Task instructions:
Where a line below has the string "takes" in it, include it in the count, and give that count alone.

[Saved data entries]
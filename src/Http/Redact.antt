-- ===== src/Http/Redact.antt =====
-- redact of internal/httpapi/middleware.go, which takes secrets out of a request's body before it is
-- logged, on the values that encoding/json decodes to. `fold` is strings.EqualFold.
use frp_easy.Prelude.{
  ◌≡◌, refl, Bool, true, false, ◌||◌, List, [], ◌∷◌, String, if◌then◌else◌, arith, Bool-cases, inl,
  inr,
}

mutual
  pub data Json : Type 0 where
    null : Json
    bool : Bool → Json
    number string : String → Json
    array : Items → Json
    object : Fields → Json

  pub data Items : Type 0 where
    no_items : Items
    item : Json → Items → Items

  pub data Fields : Type 0 where
    no_fields : Fields
    field : String → Json → Fields → Fields

abbrev pub redact_keys : List String
redact_keys = "password" ∷ "oldPassword" ∷ "newPassword" ∷ "authToken" ∷ "token" ∷ []

module _ (fold : String → String → Bool) where
  unfoldable pub contains_fold : List String → String → Bool
  contains_fold [] k = false
  contains_fold (x ∷ ks) k = fold x k || contains_fold ks k

  unfoldable mutual
    pub redact_value : List String → Json → Json
    redact_value ks null = null
    redact_value ks (bool b) = bool b
    redact_value ks (number n) = number n
    redact_value ks (string s) = string s
    redact_value ks (array xs) = array (redact_items ks xs)
    redact_value ks (object fs) = object (redact_fields ks fs)

    pub redact_items : List String → Items → Items
    redact_items ks no_items = no_items
    redact_items ks (item x xs) = item (redact_value ks x) (redact_items ks xs)

    pub redact_fields : List String → Fields → Fields
    redact_fields ks no_fields = no_fields
    redact_fields ks (field k v fs) =
        let kept = redact_value ks v in
        let rest = redact_fields ks fs in
        field k (if contains_fold ks k then string "***" else kept) rest

  -- every value under a secret key is masked, at any depth
  abbrev mutual
    pub Masked : List String → Json → Type 0
    Masked ks (array xs) = MaskedItems ks xs
    Masked ks (object fs) = MaskedFields ks fs
    Masked ks _ = Unit

    pub MaskedItems : List String → Items → Type 0
    MaskedItems ks no_items = Unit
    MaskedItems ks (item x xs) = Masked ks x × MaskedItems ks xs

    pub MaskedFields : List String → Fields → Type 0
    MaskedFields ks no_fields = Unit
    MaskedFields ks (field k v fs) =
        (contains_fold ks k ≡ true → v ≡ string "***") × Masked ks v × MaskedFields ks fs

  mutual
    unfolding redact_value

    redacted_value : (ks : List String) (v : Json) → Masked ks (redact_value ks v)
    redacted_value ks null = tt
    redacted_value ks (bool b) = tt
    redacted_value ks (number n) = tt
    redacted_value ks (string t) = tt
    redacted_value ks (array xs) = redacted_items ks xs
    redacted_value ks (object fs) = redacted_fields ks fs

    redacted_items : (ks : List String) (xs : Items) → MaskedItems ks (redact_items ks xs)
    redacted_items ks no_items = tt
    redacted_items ks (item x xs) = (redacted_value ks x, redacted_items ks xs)

    redacted_fields : (ks : List String) (fs : Fields) → MaskedFields ks (redact_fields ks fs)
    redacted_fields ks no_fields = tt
    redacted_fields ks (field k v fs) = elim (Bool-cases (contains_fold ks k)) [
      | inl e ↦ rw e (λ _. refl, tt, redacted_fields ks fs)
      | inr e ↦ rw e (λ x. absurd (ground (arith, x)), redacted_value ks v, redacted_fields ks fs)
    ]
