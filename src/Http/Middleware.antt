-- ===== src/Http/Middleware.antt =====
-- The gates of internal/httpapi/middleware.go. A handler takes the session of the request's context,
-- the request and the server's state, and gives the new state and the response.
use frp_easy.Prelude.{
  ℕ, ◌≡◌, refl, Bool, true, false, not, ◌||◌, Option, none, some, String, str_eq, eq_iff, Result,
  ok, err, if◌then◌else◌, arith, Bool-cases, inl, inr, ◌⊎◌,
}
use frp_easy.Storage.Sessions.{Session, SessionError}

-- `cookie` is the value of the session cookie, if there is one
pub record Request : Type 0 where
  pub method : String
  pub cookie : Option String
  pub csrf_header : String

pub data Gate : Type 0 where
  not_ready not_logged_in session_ended csrf_failed : Gate

abbrev pub status : Gate → ℕ
status not_ready = 503
status not_logged_in = 401
status session_ended = 401
status csrf_failed = 403

-- isWriteMethod
unfoldable pub is_write_method : String → Bool
is_write_method m = str_eq m "POST" || (str_eq m "PUT" || (str_eq m "PATCH" || str_eq m "DELETE"))

-- a response of a handler, or of the gate that stopped the request
abbrev pub Handler : Type 0 → Type 0 → Type 0
Handler S R = Option Session → Request → S → S × Result Gate R

-- the request carries a live session, and its token where it writes
pub record Authorised {S : Type 0} (get : S → String → Result SessionError Session) (r : Request)
    (s : S) (sess : Session) : Type 0 where
  pub cookie : String
  pub sent : r.cookie ≡ some cookie
  pub live : get s cookie ≡ ok sess
  pub token :
      is_write_method r.method ≡ true
      → (r.csrf_header ≡ sess.csrf_token) × (str_eq r.csrf_header "" ≡ false)

module _ {S R : Type 0} where
  abbrev pub if_ready : Handler S R → Option Session → Request → S → Option Bool → S × Result Gate R
  if_ready next ctx r s (some false) =
      if is_write_method r.method then (s, err not_ready) else next ctx r s
  if_ready next ctx r s (some true) = next ctx r s
  if_ready next ctx r s none = next ctx r s

  -- ReadyGate; `ready` is none where no test is given
  unfoldable pub ready_gate : (S → Option Bool) → Handler S R → Handler S R
  ready_gate ready next ctx r s = if_ready next ctx r s (ready s)

  abbrev pub with_session :
      Handler S R → Request → S → Result SessionError Session → S × Result Gate R
  with_session next r s (err _) = (s, err session_ended)
  with_session next r s (ok sess) = next (some sess) r s

  abbrev pub with_cookie :
      (S → String → Result SessionError Session)
      → Handler S R
      → Request
      → S
      → Option String
      → S × Result Gate R
  with_cookie get next r s none = (s, err not_logged_in)
  with_cookie get next r s (some c) =
      if str_eq c "" then (s, err not_logged_in) else with_session next r s (get s c)

  -- SessionAuth; `get` is GetSession
  unfoldable pub session_auth :
      (S → String → Result SessionError Session) → Handler S R → Handler S R
  session_auth get next ctx r s = with_cookie get next r s r.cookie

  abbrev pub check_token : Handler S R → Request → S → Option Session → S × Result Gate R
  check_token next r s none = next none r s
  check_token next r s (some sess) =
      if str_eq r.csrf_header "" || not (str_eq r.csrf_header sess.csrf_token)
      then (s, err csrf_failed)
      else next (some sess) r s

  -- CSRF
  unfoldable pub csrf : Handler S R → Handler S R
  csrf next ctx r s =
      if not (is_write_method r.method) then next ctx r s else check_token next r s ctx

  -- the chain that New of router.go puts before the protected handlers, less the parts that only
  -- pass the request on
  unfoldable pub protected :
      (S → Option Bool) → (S → String → Result SessionError Session) → Handler S R → Handler S R
  unfolding ready_gate session_auth csrf
  protected ready get h = ready_gate ready (session_auth get (csrf h))

  -- stopped by a gate, or answered by the handler for an authorised session
  abbrev pub Answered :
      (S → String → Result SessionError Session)
      → Handler S R
      → Request
      → S
      → S × Result Gate R
      → Type 0
  Answered get h r s o =
      ((g : Gate) × (o ≡ (s, err g)))
      ⊎ ((sess : Session) × Authorised get r s sess × (o ≡ h (some sess) r s))

  csrf-Answered :
      (get : S → String → Result SessionError Session) (h : Handler S R) (r : Request) (s : S)
      (c : String) (sess : Session)
      → r.cookie ≡ some c
      → get s c ≡ ok sess
      → Answered get h r s (csrf h (some sess) r s)
  unfolding csrf
  csrf-Answered get h r s c sess e f = elim (Bool-cases (is_write_method r.method)) [
    | inr w ↦ rw w (
        inr (
          sess,
          record { cookie = c; sent = e; live = f; token = λ x. absurd (ground (arith, w, x)) },
          refl,
        ))
    | inl w ↦ elim (Bool-cases (str_eq r.csrf_header "")) [
      | inl z ↦ rw (w, z) (inl (csrf_failed, refl))
      | inr z ↦ elim (Bool-cases (str_eq r.csrf_header sess.csrf_token)) [
        | inr q ↦ rw (w, z, q) (inl (csrf_failed, refl))
        | inl q ↦
            rw (w, z, q)
              (inr (
                sess,
                record {
                  cookie = c;
                  sent = e;
                  live = f;
                  token = λ x. ((eq_iff r.csrf_header sess.csrf_token).0 q, z);
                },
                refl,
              ))
      ]
    ]
  ]

  session_auth-Answered :
      (get : S → String → Result SessionError Session) (h : Handler S R) (r : Request) (s : S)
      (k : Option String)
      → r.cookie ≡ k
      → Answered get h r s (with_cookie get (csrf h) r s k)
  session_auth-Answered get h r s none e = inl (not_logged_in, refl)
  session_auth-Answered get h r s (some c) e = elim (Bool-cases (str_eq c "")) [
    | inl z ↦ rw z (inl (not_logged_in, refl))
    | inr z ↦ rw z (by_session (get s c) refl)
  ]
    where
      by_session :
          (x : Result SessionError Session)
          → get s c ≡ x
          → Answered get h r s (with_session (csrf h) r s x)
      by_session (err y) f = inl (session_ended, refl)
      by_session (ok sess) f = csrf-Answered get h r s c sess e f

  if_ready-Answered :
      (get : S → String → Result SessionError Session) (h : Handler S R) (ctx : Option Session)
      (r : Request) (s : S) (b : Option Bool)
      → Answered get h r s (if_ready (session_auth get (csrf h)) ctx r s b)
  unfolding session_auth
  if_ready-Answered get h ctx r s none = session_auth-Answered get h r s r.cookie refl
  if_ready-Answered get h ctx r s (some true) = session_auth-Answered get h r s r.cookie refl
  if_ready-Answered get h ctx r s (some false) = elim (Bool-cases (is_write_method r.method)) [
    | inl w ↦ rw w (inl (not_ready, refl))
    | inr w ↦ rw w (session_auth-Answered get h r s r.cookie refl)
  ]

  -- Behind the protected chain a request either is stopped by a gate, with the state as it was, or
  -- reaches the handler with the live session that its cookie names; and if it writes, its CSRF
  -- header is that session's token and not empty.
  pub protected-Answered :
      (ready : S → Option Bool) (get : S → String → Result SessionError Session) (h : Handler S R)
      (ctx : Option Session) (r : Request) (s : S)
      → Answered get h r s (protected ready get h ctx r s)
  unfolding protected
  protected-Answered ready get h ctx r s = if_ready-Answered get h ctx r s (ready s)
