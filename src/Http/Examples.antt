-- ===== src/Http/Examples.antt =====
-- internal/httpapi on sample requests.
use frp_easy.Prelude.{
  ℕ, suc, ◌≡◌, refl, pos, Bool, true, false, Option, none, some, [], ◌∷◌, String, Text, Result, ok,
}
use frp_easy.Storage.Sessions.{Session, SessionError, get_session}
use frp_easy.Storage.Sessions.Examples.{plain_clock, works, session_row}
use frp_easy.Storage.Proxies.Schema.{
  insert_row, violated, check_row, has_name, has_remote, find_row,
}
use frp_easy.Storage.Proxies.Errors.{is_duplicate_name_error}
use frp_easy.Storage.Proxies.{
  validate_proxy_shape, healthy, list_proxies, upsert_proxy, insert_proxy, after_insert, to_row,
  classify, scan_proxy, update_proxy, update_found,
}
use frp_easy.Storage.Proxies.Examples.{sqlite_driver, one_rule}
use frp_easy.Storage.Proxies.PlainCodec.{plain_domains}
use frp_easy.Http.Validate.{
  validate_proxy_name, proxy_name_re, validate_proxy_type, validate_port, validate_domain,
  domain_re,
}
use frp_easy.Http.Proxies.{
  ProxyInput, build_proxy_for_insert, build_proxy_for_update, create_checked, map_proxy_write_error,
  validate_proxy_input, new_proxy, create_proxy, handle_update, kind_rules, validate_domains,
}
use frp_easy.Http.Proxies.Accepted.{new_proxy-Shape}
use frp_easy.Http.Proxies.Replies.{create_proxy_error, succeeds}
use frp_easy.Http.Redact.{Json, object, array, string, number, field, no_fields, item, no_items}
use frp_easy.Http.Middleware.{Request, Handler, Answered, protected, protected-Answered}

abbrev pub trim : String → String
trim s = s

abbrev pub low : Text → Text
low t = t

abbrev pub web : ProxyInput
web = record {
  name = "web";
  kind = "http";
  local_ip = "";
  local_port = pos 8080;
  remote_port = none;
  custom_domains = "a.example.org" ∷ [];
  enabled = none;
  version = pos 0;
}

web_run : validate_proxy_input web ≡ none
unfolding validate_proxy_input validate_proxy_name proxy_name_re validate_proxy_type validate_port
    kind_rules validate_domains validate_domain domain_re
web_run = refl

new_proxy-Shape_example :
    validate_proxy_shape (new_proxy sqlite_driver plain_domains trim low web) ≡ none
new_proxy-Shape_example = new_proxy-Shape sqlite_driver plain_domains trim low web web_run

-- a second rule on the port of the first, and an update with an old version
abbrev pub second_ssh : ProxyInput
second_ssh = record {
  name = "ssh2";
  kind = "tcp";
  local_ip = "";
  local_port = pos 22;
  remote_port = some (pos 6000);
  custom_domains = [];
  enabled = none;
  version = pos 2;
}

create_run :
    succeeds
      (create_proxy sqlite_driver plain_domains trim low healthy 9 (some second_ssh) one_rule).1
    ≡ false
unfolding create_proxy build_proxy_for_insert validate_proxy_input validate_proxy_name proxy_name_re
    validate_proxy_type validate_port kind_rules create_checked list_proxies upsert_proxy
    validate_proxy_shape new_proxy insert_proxy after_insert insert_row violated check_row to_row
    has_name has_remote classify is_duplicate_name_error sqlite_driver map_proxy_write_error
    scan_proxy
create_run = refl

update_run :
    succeeds
      (handle_update sqlite_driver plain_domains trim low healthy 9
        (some (pos 1))
        (some second_ssh)
        one_rule).1
    ≡ false
unfolding handle_update build_proxy_for_update build_proxy_for_insert validate_proxy_input
    validate_proxy_name proxy_name_re validate_proxy_type validate_port kind_rules upsert_proxy
    validate_proxy_shape new_proxy update_proxy update_found find_row map_proxy_write_error
update_run = refl

create_proxy_error_example :
    (create_proxy sqlite_driver plain_domains trim low healthy 9 (some second_ssh) one_rule).0
    ≡ one_rule
create_proxy_error_example =
    create_proxy_error sqlite_driver plain_domains trim low healthy 9 (some second_ssh) one_rule
      refl create_run

-- a handler that counts, behind the protected chain
abbrev pub counts : Handler ℕ ℕ
counts ctx r s = (suc s, ok s)

abbrev pub sessions_at : ℕ → String → Result SessionError Session
sessions_at s token = get_session plain_clock works 200 token (session_row ∷ [])

abbrev pub post : Request
post = record { method = "POST"; cookie = some "t1"; csrf_header = "c1" }

abbrev pub is_ready : ℕ → Option Bool
is_ready s = some true

protected-Answered_example :
    Answered sessions_at counts post 3 (protected is_ready sessions_at counts none post 3)
protected-Answered_example = protected-Answered is_ready sessions_at counts none post 3

-- a login's body, with the test of the case of letters that the keys here need
abbrev pub login_body : Json
login_body = object (
    field "user" (string "admin") (
      field "password" (string "hunter2") (
        field "extra" (array (item (object (field "token" (number "7") no_fields)) no_items))
          no_fields)))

Answer:
2